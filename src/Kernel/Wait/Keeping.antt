-- ===== src/Kernel/Wait/Keeping.antt =====
-- Waiting for a child (tasking/scheduler.rs) keeps the scheduler valid and the tables in agreement
-- with the pipes.
use leaf_os_alpha.Base.{
  ℕ, sym, subst, Bool, Option, none, some, Result, ok, err, slot, Bool-cases, inl, inr,
}
use leaf_os_alpha.Scheduler.Task.{Task, blocked, SchedulerError}
use leaf_os_alpha.Scheduler.Ops.{Outcome}
use leaf_os_alpha.Scheduler.Lifecycle.{find_task, terminated_child}
use leaf_os_alpha.Scheduler.Switch.{remove_idle}
use leaf_os_alpha.Scheduler.Switch.Group.{Fits}
use leaf_os_alpha.Scheduler.Switch.Valid.{
  then_Fits, save_current_user_rsp-Fits, transition_current-Fits,
}
use leaf_os_alpha.Scheduler.Switch.Installing.{remove_idle-IsValid, remove_idle-cases}
use leaf_os_alpha.Kernel.Table.{close_all}
use leaf_os_alpha.Kernel.Calls.{Kernel, Reply, found_table, reap}
use leaf_os_alpha.Kernel.Calls.Consistent.{
  IsConsistent, updated-IsConsistent, removed-IsConsistent, kernel,
}
use leaf_os_alpha.Kernel.Calls.Opening.{reap-keeps}
use leaf_os_alpha.Kernel.Wait.{
  Waited, ends_wait, wait_reaped, wait_ended, wait_blocked, wait_found, not_waitable, wait_task,
  wait_current, wait_pass, finish_tasks,
}

module _ {Space Disk : Type 0} (k : Kernel Space Disk) (c : IsConsistent k) where
  module _ (destroy : Space → Bool × Space) (rsp : ℕ) where
    wait_reaped-keeps :
        (id : ℕ) (code : Option ℕ) (r : Reply Space Disk (Unit {0}))
        → IsConsistent r.1
        → IsConsistent (wait_reaped id code r).1
    unfolding wait_reaped
    wait_reaped-keeps id code (ok x, k') v = v
    wait_reaped-keeps id code (err e, k') v = v

    wait_ended-keeps :
        (id : ℕ) (o : Option (Task Space)) → IsConsistent (wait_ended destroy k id o).1
    unfolding wait_ended
    wait_ended-keeps id none = c
    wait_ended-keeps id (some t) =
        wait_reaped-keeps id t.exit_code (reap destroy k id) (reap-keeps k c destroy id)

    wait_blocked-keeps :
        (current : ℕ) (r : Outcome Space ℕ)
        → Fits k.scheduler r.1
        → IsConsistent (wait_blocked k current r).1
    unfolding wait_blocked
    wait_blocked-keeps current (err e, s) (v, q) =
        updated-IsConsistent k s k.store v q c.linked.agrees c
    wait_blocked-keeps current (ok id, s) (v, q) =
        updated-IsConsistent k s k.store v q c.linked.agrees c

    wait_found-keeps :
        (current : ℕ) (child : Option ℕ) (r : Result ℕ SchedulerError)
        → IsConsistent (wait_found destroy rsp k current child r).1
    unfolding wait_found
    wait_found-keeps current child (ok id) = wait_ended-keeps id (find_task k.scheduler id)
    wait_found-keeps current child (err e) = elim (Bool-cases (ends_wait child e)) [
      | inl q ↦ rw q c
      | inr q ↦ rw q (
          wait_blocked-keeps current _ (
            then_Fits k.scheduler _ _ (save_current_user_rsp-Fits rsp current k.scheduler c.valid)
              (transition_current-Fits _ blocked (λ p. cc) (λ p. cc))))
    ]

    wait_task-keeps :
        (current : ℕ) (child : Option ℕ) (o : Option (Task Space))
        → IsConsistent (wait_task destroy rsp k current child o).1
    unfolding wait_task
    wait_task-keeps current child none = c
    wait_task-keeps current child (some t) = checked (not_waitable k.scheduler t.id child)
      where
        checked :
            (o : Option SchedulerError)
            → IsConsistent
                (elim o as (λ x. Waited × Kernel Space Disk) [
                  | none ↦
                      wait_found destroy rsp k current child
                        (terminated_child k.scheduler t.id child)
                  | some e ↦ (Waited.done (err e), k)
                ]).1
        checked none = wait_found-keeps current child (terminated_child k.scheduler t.id child)
        checked (some e) = c

    wait_current-keeps : (child o : Option ℕ) → IsConsistent (wait_current destroy rsp k child o).1
    unfolding wait_current
    wait_current-keeps child none = c
    wait_current-keeps child (some current) =
        wait_task-keeps current child (slot k.scheduler.tasks current)

    pub wait_pass-keeps : (child : Option ℕ) → IsConsistent (wait_pass destroy rsp k child).1
    unfolding wait_pass
    wait_pass-keeps child = wait_current-keeps child k.scheduler.current

  pub finish_tasks-keeps : IsConsistent (finish_tasks k)
  unfolding finish_tasks
  finish_tasks-keeps = elim (remove_idle-cases k.scheduler) [
    | inl (q, same) ↦ rw q (subst (λ s. IsConsistent (kernel s k.store)) (sym same) c)
    | inr (i, at, q, freed) ↦ rw q (
        subst
          (λ o. IsConsistent (
            kernel (remove_idle k.scheduler) (close_all k.store (found_table o k.scheduler.tasks))))
          (sym at)
          (removed-IsConsistent k (remove_idle k.scheduler) i
            (remove_idle-IsValid k.scheduler c.valid) freed c))
  ]
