-- ===== src/Application/Threads/Stuck.antt =====
-- The lost wake-ups, for the whole program.
use rinklers.Prelude.{subst, ℕ, ◌≡◌, refl, List, [], ◌∷◌}
use rinklers.Util.WaitPeriod.{wait}
use rinklers.Util.RunnerState.{entering, waiting, notify, enter}
use rinklers.Util.Durations.Library.{CharTables, Chrono}
use rinklers.Schedule.Chrono.{Calendar}
use rinklers.MqttApi.{Payloads}
use rinklers.Application.{State}
use rinklers.Application.System.{Event, serving_ends, section_runner_stopped, handle}
use rinklers.Application.Threads.{
  stopping, joining_sections, Threads, opened, handled, stop_sections, Step, receives,
  sections_locks, sections_times_out, sections_rounds, programs_locks, programs_times_out,
  programs_rounds, programs_queues, main_panics, Panics, signalled, signal_fails, stops_sections,
  stops_programs, finishes, Steps, still, moves,
}

module _ (c : Calendar) (p : Payloads) (ch : CharTables) (k : Chrono) (prefix_len : ℕ) where
  -- From the start, if the signal comes before the section runner's thread waits for the first time, the
  -- threads and `main` can come to a state in which none of them can make a step, without a spurious
  -- wake-up: `main` waits for the section runner's thread, which waits for a notification, and the program
  -- runner's thread waits for one as well, with no round made for the programs that have been scheduled.
  pub opened_stuck :
      (st : State c)
      → (t : Threads c p ch k prefix_len) × Steps c p ch k prefix_len
          (opened c p ch k prefix_len st (entering wait) (entering wait))
          (serving_ends ∷ section_runner_stopped ∷ [])
          t
        × (t.main ≡ joining_sections)
        × (t.app.programs ≡ st.program_data)
        × ((es : List (Event c p ch k prefix_len)) (u : Threads c p ch k prefix_len)
            → ¬ Step c p ch k prefix_len t es u)
  unfolding stop_sections handle enter notify
  opened_stuck st =
      let s = opened c p ch k prefix_len st (entering wait) (entering wait) in
      let s1 = record s { programs = waiting wait } in
      let s2 = record s1 {
        app = handled c p ch k prefix_len serving_ends s.app;
        main = stopping;
      } in
      let s3 = stop_sections c p ch k prefix_len s2 in
      let t = record s3 { sections = waiting wait } in
      (
        t,
        moves (programs_locks wait refl refl) (
            moves (signalled refl)
              (moves (stops_sections refl refl) (moves (sections_locks wait refl) still))),
        refl,
        refl,
        no_step t refl refl refl refl,
      )
    where
      no_step :
          (t : Threads c p ch k prefix_len)
          → t.main ≡ joining_sections
          → t.sections ≡ waiting wait
          → t.programs ≡ waiting wait
          → t.app.pending ≡ []
          → (es : List (Event c p ch k prefix_len)) (u : Threads c p ch k prefix_len)
          → ¬ Step c p ch k prefix_len t es u
      no_step t a b d n es u (receives m e on) = cc (a, e)
      no_step t a b d n es u (sections_locks w e) = cc (b, e)
      no_step t a b d n es u (sections_times_out x e) = cc (b, e)
      no_step t a b d n es u (sections_rounds l e) = cc (b, e)
      no_step t a b d n es u (programs_locks w e e') = cc (d, e)
      no_step t a b d n es u (programs_times_out x e) = cc (d, e)
      no_step t a b d n es u (programs_rounds x l e) = cc (d, e)
      no_step t a b d n es u (signalled e) = cc (a, e)
      no_step t a b d n es u (signal_fails e) = cc (a, e)
      no_step t a b d n es u (stops_sections e e') = cc (a, e)
      no_step t a b d n es u (stops_programs e e' e1 e2 e3) = cc (b, e')
      no_step t a b d n es u (finishes e e' e1) = cc (a, e)
      no_step t a b d n es u (programs_queues r rs e) = cc (n, e)
      no_step t a b d n es u (main_panics e) =
          let over = (subst (λ m. Panics c p ch k prefix_len m t) a e).0 in cc (b, over)
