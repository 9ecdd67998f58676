-- ===== src/Application/Threads/Examples.antt =====
-- The garden of the other examples, with its threads, from the start to the end.
use rinklers.Prelude.{◌≡◌, ◌≢◌, refl, List, [], ◌∷◌, true, false, none}
use rinklers.Util.WaitPeriod.{wait, at_most, no_wait, min}
use rinklers.Util.RunnerState.{entering, waiting, ready, ended, notify, enter}
use rinklers.Schedule.{
  next_weekday, next_run_after, over_weekdays, over_times, earlier, candidate_at, resolve_from,
  start_reference, start_bound,
}
use rinklers.Schedule.Plain.{plain}
use rinklers.Util.Durations.Examples.{ascii, lengths}
use rinklers.MqttApi.Examples.{simple}
use rinklers.SectionRunner
use rinklers.SectionRunner.System
use rinklers.SectionRunner.Logging
use rinklers.Util.Durations
use rinklers.ScheduleRunner
use rinklers.ProgramRunner
use rinklers.Program
use rinklers.Application.Examples.{garden, garden_state, garden_boots}
use rinklers.Application.System.{
  prints, Event, program_round, program_queues, section_round, serving_ends, section_runner_stopped,
  program_runner_stopped, handle,
}
use rinklers.Application.System.Shown.{Shows}
use rinklers.Application.Threads.{
  stopping, joining_sections, finished, Threads, opened, handled, round_programs, round_sections,
  stop_sections, stop_programs, Step, programs_locks, sections_locks, programs_rounds,
  programs_queues, queue_program, sections_rounds, signalled, stops_sections, stops_programs,
  finishes, sections_times_out, Steps, Reach, here, later, programs_spuriously,
}
use rinklers.Application.Threads.Ends.{finished-Shows}
use rinklers.Application.Threads.Stopping.{IsPrompt, Finishes, stopping-Finishes}
use rinklers.Application.Threads.Joining.{OwnStep, Nearer, joining-Nearer}
use rinklers.Application.Threads.Stuck.{opened_stuck}

abbrev Garden : Type 0
Garden = Threads plain simple ascii lengths 2

abbrev GardenEvent : Type 0
GardenEvent = Event plain simple ascii lengths 2

abbrev start : Garden
start = opened plain simple ascii lengths 2 garden_state (entering wait) (entering wait)

-- Both threads wait; the program runner's wakes spuriously, and finds a program due.
abbrev due : Garden
unfolding round_programs
due =
    round_programs plain simple ascii lengths 2
      (record start { sections = waiting wait; programs = ready }) (λ i. 3510) (λ i. 3511)

-- The program's two requests, one after the other.
abbrev asked : Garden
unfolding queue_program
asked = queue_program plain simple ascii lengths 2 (queue_program plain simple ascii lengths 2 due)

-- The first section of the program is turned on.
abbrev watering : Garden
unfolding round_sections
watering = round_sections plain simple ascii lengths 2 asked 10

-- The signal comes.
abbrev interrupted : Garden
interrupted = record watering {
  app = handled plain simple ascii lengths 2 serving_ends watering.app;
  main = stopping;
}

abbrev first_events : List GardenEvent
first_events =
    program_round (λ i. 3510) (λ i. 3511)
    ∷ program_queues
    ∷ program_queues
    ∷ section_round 10
    ∷ serving_ends
    ∷ []

interrupted_reached : Reach plain simple ascii lengths 2 start first_events interrupted
unfolding round_programs queue_program round_sections SectionRunner.Logging.round_prints
    Durations.duration_string enter notify handle SectionRunner.System.handle SectionRunner.round
    SectionRunner.run_section ScheduleRunner.round ScheduleRunner.tend ScheduleRunner.visit
    ScheduleRunner.visit_from ScheduleRunner.update_next_run ScheduleRunner.new_run
    ProgramRunner.execute_all Program.execute Program.queue_run min next_weekday next_run_after
    over_weekdays over_times earlier candidate_at resolve_from start_reference start_bound
interrupted_reached =
    later
      (later
        (later
          (later
            (later
              (programs_spuriously wait
                (later (later here (programs_locks wait refl refl)) (sections_locks wait refl))
                refl)
              (programs_rounds (λ i. 3510) (λ i. 3511) refl))
            (programs_queues _ _ refl))
          (programs_queues _ _ refl))
        (sections_rounds 10 refl))
      (signalled refl)

-- Each runner is stopped, and its thread makes its last round.
abbrev sections_ended : Garden
unfolding stop_sections round_sections
sections_ended =
    round_sections plain simple ascii lengths 2
      (record (stop_sections plain simple ascii lengths 2 interrupted) { sections = ready }) 40

abbrev over : Garden
unfolding stop_programs round_programs
over =
    record (round_programs plain simple ascii lengths 2
      (record (stop_programs plain simple ascii lengths 2 sections_ended) { programs = ready })
      (λ i. 3600) (λ i. 3601)) { main = finished }

abbrev all_events : List GardenEvent
all_events =
    program_round (λ i. 3510) (λ i. 3511)
    ∷ program_queues
    ∷ program_queues
    ∷ section_round 10
    ∷ serving_ends
    ∷ section_runner_stopped
    ∷ section_round 40
    ∷ program_runner_stopped
    ∷ program_round (λ i. 3600) (λ i. 3601)
    ∷ []

over_reached : Reach plain simple ascii lengths 2 start all_events over
unfolding round_programs queue_program round_sections SectionRunner.Logging.round_prints
    Durations.duration_string stop_sections stop_programs enter notify handle
    SectionRunner.System.handle SectionRunner.stop SectionRunner.round SectionRunner.run_section
    ScheduleRunner.round ScheduleRunner.tend ScheduleRunner.visit ScheduleRunner.visit_from
    ScheduleRunner.update_next_run ScheduleRunner.new_run ScheduleRunner.drop
    ProgramRunner.execute_all Program.execute Program.queue_run min next_weekday next_run_after
    over_weekdays over_times earlier candidate_at resolve_from start_reference start_bound
over_reached =
    later
      (later
        (later
          (later
            (later
              (later
                (later (later interrupted_reached (stops_sections refl refl))
                  (sections_locks (at_most 100) refl))
                (sections_times_out 100 refl))
              (sections_rounds 40 refl))
            (stops_programs refl refl refl refl refl))
          (programs_locks no_wait refl refl))
        (programs_rounds (λ i. 3600) (λ i. 3601) refl))
      (finishes refl refl refl)

finished-Shows_example :
    (over.sections ≡ ended) × (over.programs ≡ ended) × Shows (λ i. false) over.app.sections
unfolding over
finished-Shows_example =
    finished-Shows plain simple ascii lengths 2 (λ i. 700) garden garden_state (entering wait)
      (entering wait) all_events over garden_boots (λ h. cc h) (λ h. cc h) over_reached refl
      (tt, (tt, (tt, (tt, (tt, (tt, (tt, (tt, (tt, tt)))))))))

-- Neither thread waits without a limit: a run is under way, and a program has just been executed.
in_time : (interrupted.sections ≢ entering wait) × (interrupted.programs ≢ entering wait)
unfolding enter notify handle SectionRunner.System.handle SectionRunner.round ScheduleRunner.round
    ScheduleRunner.tend ScheduleRunner.visit ScheduleRunner.visit_from ScheduleRunner.new_run
    ScheduleRunner.update_next_run ProgramRunner.execute_all Program.execute Program.queue_run min
    next_weekday next_run_after over_weekdays over_times earlier candidate_at resolve_from
    start_reference start_bound round_programs queue_program round_sections
    SectionRunner.run_section SectionRunner.Logging.round_prints Durations.duration_string
in_time = (λ h. cc h, λ h. cc h)

sound :
    (interrupted.app.crashed ≡ none)
    × (interrupted.app.programs_crashed ≡ false)
    × (prints plain simple ascii lengths 2
          (handled plain simple ascii lengths 2 section_runner_stopped interrupted.app)
          0
        ≡ true)
unfolding enter notify handle SectionRunner.System.handle SectionRunner.round ScheduleRunner.round
    ScheduleRunner.tend ScheduleRunner.visit ScheduleRunner.visit_from ScheduleRunner.new_run
    ScheduleRunner.update_next_run ProgramRunner.execute_all Program.execute Program.queue_run min
    next_weekday next_run_after over_weekdays over_times earlier candidate_at resolve_from
    start_reference start_bound round_programs round_sections SectionRunner.run_section
    queue_program SectionRunner.stop SectionRunner.Logging.round_prints Durations.duration_string
sound = (refl, refl, refl)

stopping-Finishes_example : Finishes plain simple ascii lengths 2 interrupted
stopping-Finishes_example =
    stopping-Finishes plain simple ascii lengths 2 (λ i. 700) garden garden_state (entering wait)
      (entering wait) first_events interrupted garden_boots (λ h. cc h) (λ h. cc h)
      interrupted_reached refl in_time.0 in_time.1 sound.0 sound.1 sound.2

opened_stuck_example :
    (t : Garden) × Steps plain simple ascii lengths 2 start
      (serving_ends ∷ section_runner_stopped ∷ [])
      t
    × (t.main ≡ joining_sections)
    × (t.app.programs ≡ garden_state.program_data)
    × ((es : List GardenEvent) (u : Garden) → ¬ Step plain simple ascii lengths 2 t es u)
opened_stuck_example = opened_stuck plain simple ascii lengths 2 garden_state

-- `main` has told the section runner to stop, and its thread has yet to wait for the run.
abbrev told_to_stop : Garden
told_to_stop = stop_sections plain simple ascii lengths 2 interrupted

told_to_stop_reached :
    Reach plain simple ascii lengths 2 start
      (program_round (λ i. 3510) (λ i. 3511)
        ∷ program_queues
        ∷ program_queues
        ∷ section_round 10
        ∷ serving_ends
        ∷ section_runner_stopped
        ∷ [])
      told_to_stop
told_to_stop_reached = later interrupted_reached (stops_sections refl sound.0)

abbrev waits_for_run : Garden
waits_for_run = record told_to_stop { sections = waiting (at_most 100) }

told_to_stop-IsPrompt :
    (told_to_stop.main ≡ joining_sections)
    × IsPrompt told_to_stop.sections
    × Step plain simple ascii lengths 2 told_to_stop [] waits_for_run
unfolding stop_sections enter notify handle SectionRunner.System.handle SectionRunner.round
    ScheduleRunner.round ScheduleRunner.tend ScheduleRunner.visit ScheduleRunner.visit_from
    ScheduleRunner.new_run ScheduleRunner.update_next_run ProgramRunner.execute_all Program.execute
    Program.queue_run min next_weekday next_run_after over_weekdays over_times earlier candidate_at
    resolve_from start_reference start_bound round_programs queue_program round_sections
    SectionRunner.run_section SectionRunner.Logging.round_prints Durations.duration_string
told_to_stop-IsPrompt = (refl, tt, sections_locks (at_most 100) refl)

joining-Nearer_example :
    OwnStep plain simple ascii lengths 2 told_to_stop
    × Nearer plain simple ascii lengths 2 told_to_stop waits_for_run
joining-Nearer_example =
    joining-Nearer plain simple ascii lengths 2 (λ i. 700) garden garden_state (entering wait)
      (entering wait)
      (program_round (λ i. 3510) (λ i. 3511)
        ∷ program_queues
        ∷ program_queues
        ∷ section_round 10
        ∷ serving_ends
        ∷ section_runner_stopped
        ∷ [])
      [] told_to_stop waits_for_run garden_boots (λ h. cc h) (λ h. cc h) told_to_stop_reached
      told_to_stop-IsPrompt.0 told_to_stop-IsPrompt.1 told_to_stop-IsPrompt.2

- TASK -
Everything above from the line containing "use rinklers.SectionRunner.Logging" down to the line containing "abbrev GardenEvent : Type 0" should be copied exactly, both end lines included, and nothing else.

- RESULT -
use rinklers.SectionRunner.Logging
use rinklers.Util.Durations
use rinklers.ScheduleRunner
use rinklers.ProgramRunner
use rinklers.Program
use rinklers.Application.Examples.{garden, garden_state, garden_boots}
use rinklers.Application.System.{
  prints, Event, program_round, program_queues, section_round, serving_ends, section_runner_stopped,
  program_runner_stopped, handle,
}
use rinklers.Application.System.Shown.{Shows}
use rinklers.Application.Threads.{
  stopping, joining_sections, finished, Threads, opened, handled, round_programs, round_sections,
  stop_sections, stop_programs, Step, programs_locks, sections_locks, programs_rounds,
  programs_queues, queue_program, sections_rounds, signalled, stops_sections, stops_programs,
  finishes, sections_times_out, Steps, Reach, here, later, programs_spuriously,
}
use rinklers.Application.Threads.Ends.{finished-Shows}
use rinklers.Application.Threads.Stopping.{IsPrompt, Finishes, stopping-Finishes}
use rinklers.Application.Threads.Joining.{OwnStep, Nearer, joining-Nearer}
use rinklers.Application.Threads.Stuck.{opened_stuck}

abbrev Garden : Type 0
Garden = Threads plain simple ascii lengths 2

abbrev GardenEvent : Type 0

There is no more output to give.